Leadtools.Forms.DocumentReaders Namespace : DocumentObjectManager Class |
public class DocumentObjectManager
'Declaration Public Class DocumentObjectManager
'Usage Dim instance As DocumentObjectManager
public ref class DocumentObjectManager
Instances of the DocumentObjectManager aren't created directly. Instead, access the instance that is automatically created inside a DocumentReader using the DocumentReader.ObjectManager property.
The DocumentObjectManager contains the ParsePageText method that parses the text of the document. Use the ParsePageText in a loop to parse the text of all the pages in a document. However, you must call BeginParse before parsing starts and EndParse when parsing is finished.
The various document readers will parse text differently. Currently, LEADTOOLS ships with the following document readers:
DocumentReaderType.Pdf: This the document reader responsible for parsing PDF documents. PDF document text is parsed without the need of an OCR engine.
DocumentReaderType.Xps: This the document reader responsible for parsing XPS documents. XPS document text is parsed without the need of an OCR engine.

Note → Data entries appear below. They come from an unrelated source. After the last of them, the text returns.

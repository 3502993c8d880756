-- ===== src/Replication/Client/Full.antt =====
-- replication/client.rs: the application of a full snapshot, `apply_full`.
use runen_net.Replication.Client.Apply.{apply_full}
use runen_net.Prelude.{
  ℕ, ◌≡◌, refl, ap, Bool, true, false, Option, none, some, nat_eq, arith, inl, inr, ◌⊎◌, Result, ok,
  err,
}
use runen_net.Replication.Model.{ReplicationLineageKey, key_eq, FullSnapshot}
use runen_net.Replication.Client.Lineage.{
  ClientLineage, ClientSnapshotOutcome, stale, duplicate_current, classify_cursor,
}
use runen_net.Replication.Client.Sets.{ClientReplicationSet, Reply, set_error, lineage}
use runen_net.Replication.Client.Sets.{unknown_lineage}
use runen_net.Replication.Client.Lineage.{tick_regresses_current, tick_regression}
use runen_net.Replication.Client.Aggregate.{IsValidSet}
use runen_net.Replication.Client.Applying.{
  is_committed, IsCommit, IsCommitEnd, no_room, host_failed, done, commit_image-CommitsTo,
}

pub classify_cursor_refuses :
    {S : Type 0} (E : Type 0) (l : ClientLineage S) (target : ℕ) (o : ClientSnapshotOutcome)
    → classify_cursor l target ≡ some o
    → is_committed {E = E} (ok o) ≡ false
unfolding classify_cursor
classify_cursor_refuses E l target stale h = refl
classify_cursor_refuses E l target duplicate_current h = refl
classify_cursor_refuses E l target o h = ground arith

module _ {S E : Type 0} where
  -- What a full snapshot may do: nothing, or a commit to a known lineage whose tick does not go back.
  abbrev pub IsFullEnd :
      ClientReplicationSet S
      → ReplicationLineageKey
      → FullSnapshot S
      → (S → Result (Unit {0}) E)
      → ClientReplicationSet S
      → Reply E
      → Type 0
  IsFullEnd set key snapshot host_commit set' reply =
      ((set' ≡ set) × (is_committed reply ≡ false))
      ⊎ ((l : ClientLineage S) × (lineage set key ≡ some l)
          × (tick_regresses_current l snapshot.target_tick ≡ false)
          × IsCommit set key l snapshot.target_cursor snapshot.target_tick snapshot.image
              host_commit set' reply)

  abbrev pub AppliesFull :
      ClientReplicationSet S
      → ReplicationLineageKey
      → FullSnapshot S
      → (S → Result (Unit {0}) E)
      → Type 0
  AppliesFull set key snapshot host_commit =
      (set' : ClientReplicationSet S) × (reply : Reply E) × (apply_full set key snapshot host_commit
        ≡ some (set', reply))
      × IsValidSet set'
      × IsFullEnd set key snapshot host_commit set' reply

  -- On a valid set `apply_full` never panics and leaves a valid set, within the aggregate limits.
  -- Either nothing changes and the reply is not `committed`, or the lineage is known, the host
  -- agreed, and the snapshot is the newer, synchronized current image of the lineage.
  pub apply_full-AppliesFull :
      (set : ClientReplicationSet S) (key : ReplicationLineageKey) (snapshot : FullSnapshot S)
      (host_commit : S → Result (Unit {0}) E)
      → IsValidSet set
      → AppliesFull set key snapshot host_commit
  unfolding apply_full
  apply_full-AppliesFull set key snapshot host_commit v = known (lineage set key) refl
    where
      target : ℕ
      target = snapshot.target_cursor

      ending :
          (l : ClientLineage S) (set' : ClientReplicationSet S) (reply : Reply E)
          → lineage set key ≡ some l
          → tick_regresses_current l snapshot.target_tick ≡ false
          → IsCommitEnd set key l target snapshot.target_tick snapshot.image host_commit set set'
              reply
          → IsFullEnd set key snapshot host_commit set' reply
      ending l set' reply h t (no_room s r) = inl (s, ap is_committed r)
      ending l set' reply h t (host_failed e a s r) = inl (s, ap is_committed r)
      ending l set' reply h t (done c) = inr (l, h, t, c)

      ticked :
          (l : ClientLineage S) (b : Bool)
          → lineage set key ≡ some l
          → classify_cursor l target ≡ none
          → tick_regresses_current l snapshot.target_tick ≡ b
          → AppliesFull set key snapshot host_commit
      ticked l true h c t =
          (set, ok tick_regression, rw (h, c, t, apply_full) refl, v, inl (refl, refl))
      ticked l false h c t =
          let (set', reply, q, valid, end) =
            commit_image-CommitsTo set key l target snapshot.target_tick snapshot.image host_commit
              set v v h c in
          (set', reply, rw (h, c, t, apply_full) q, valid, ending l set' reply h t end)

      classified :
          (l : ClientLineage S) (o : Option ClientSnapshotOutcome)
          → lineage set key ≡ some l
          → classify_cursor l target ≡ o
          → AppliesFull set key snapshot host_commit
      classified l (some o) h c = (
        set,
        ok o,
        rw (h, c, apply_full) refl,
        v,
        inl (refl, classify_cursor_refuses E l target o c),
      )
      classified l none h c = ticked l (tick_regresses_current l snapshot.target_tick) h c refl

      known :
          (o : Option (ClientLineage S))
          → lineage set key ≡ o
          → AppliesFull set key snapshot host_commit
      known none h =
          (set, err (set_error unknown_lineage), rw (h, apply_full) refl, v, inl (refl, refl))
      known (some l) h = classified l (classify_cursor l target) h refl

DocumentReaderType.Raster: This the document reader responsible for parsing everything else. An OCR engine is required to parse the text of the document (by passing a started object of type Leadtools.Forms.Ocr.IOcrEngine to BeginParse.
LEADTOOLS will add more document readers and functionality in the near future for document types such as DICOM, DOC/DOCX(2007/2010), XLS/XLSX(2007/2010) and RTF.
More objects types such as images, bookmarks, hyperlinks and annotations will also be added in the near future.
For an example, refer to DocumentReader.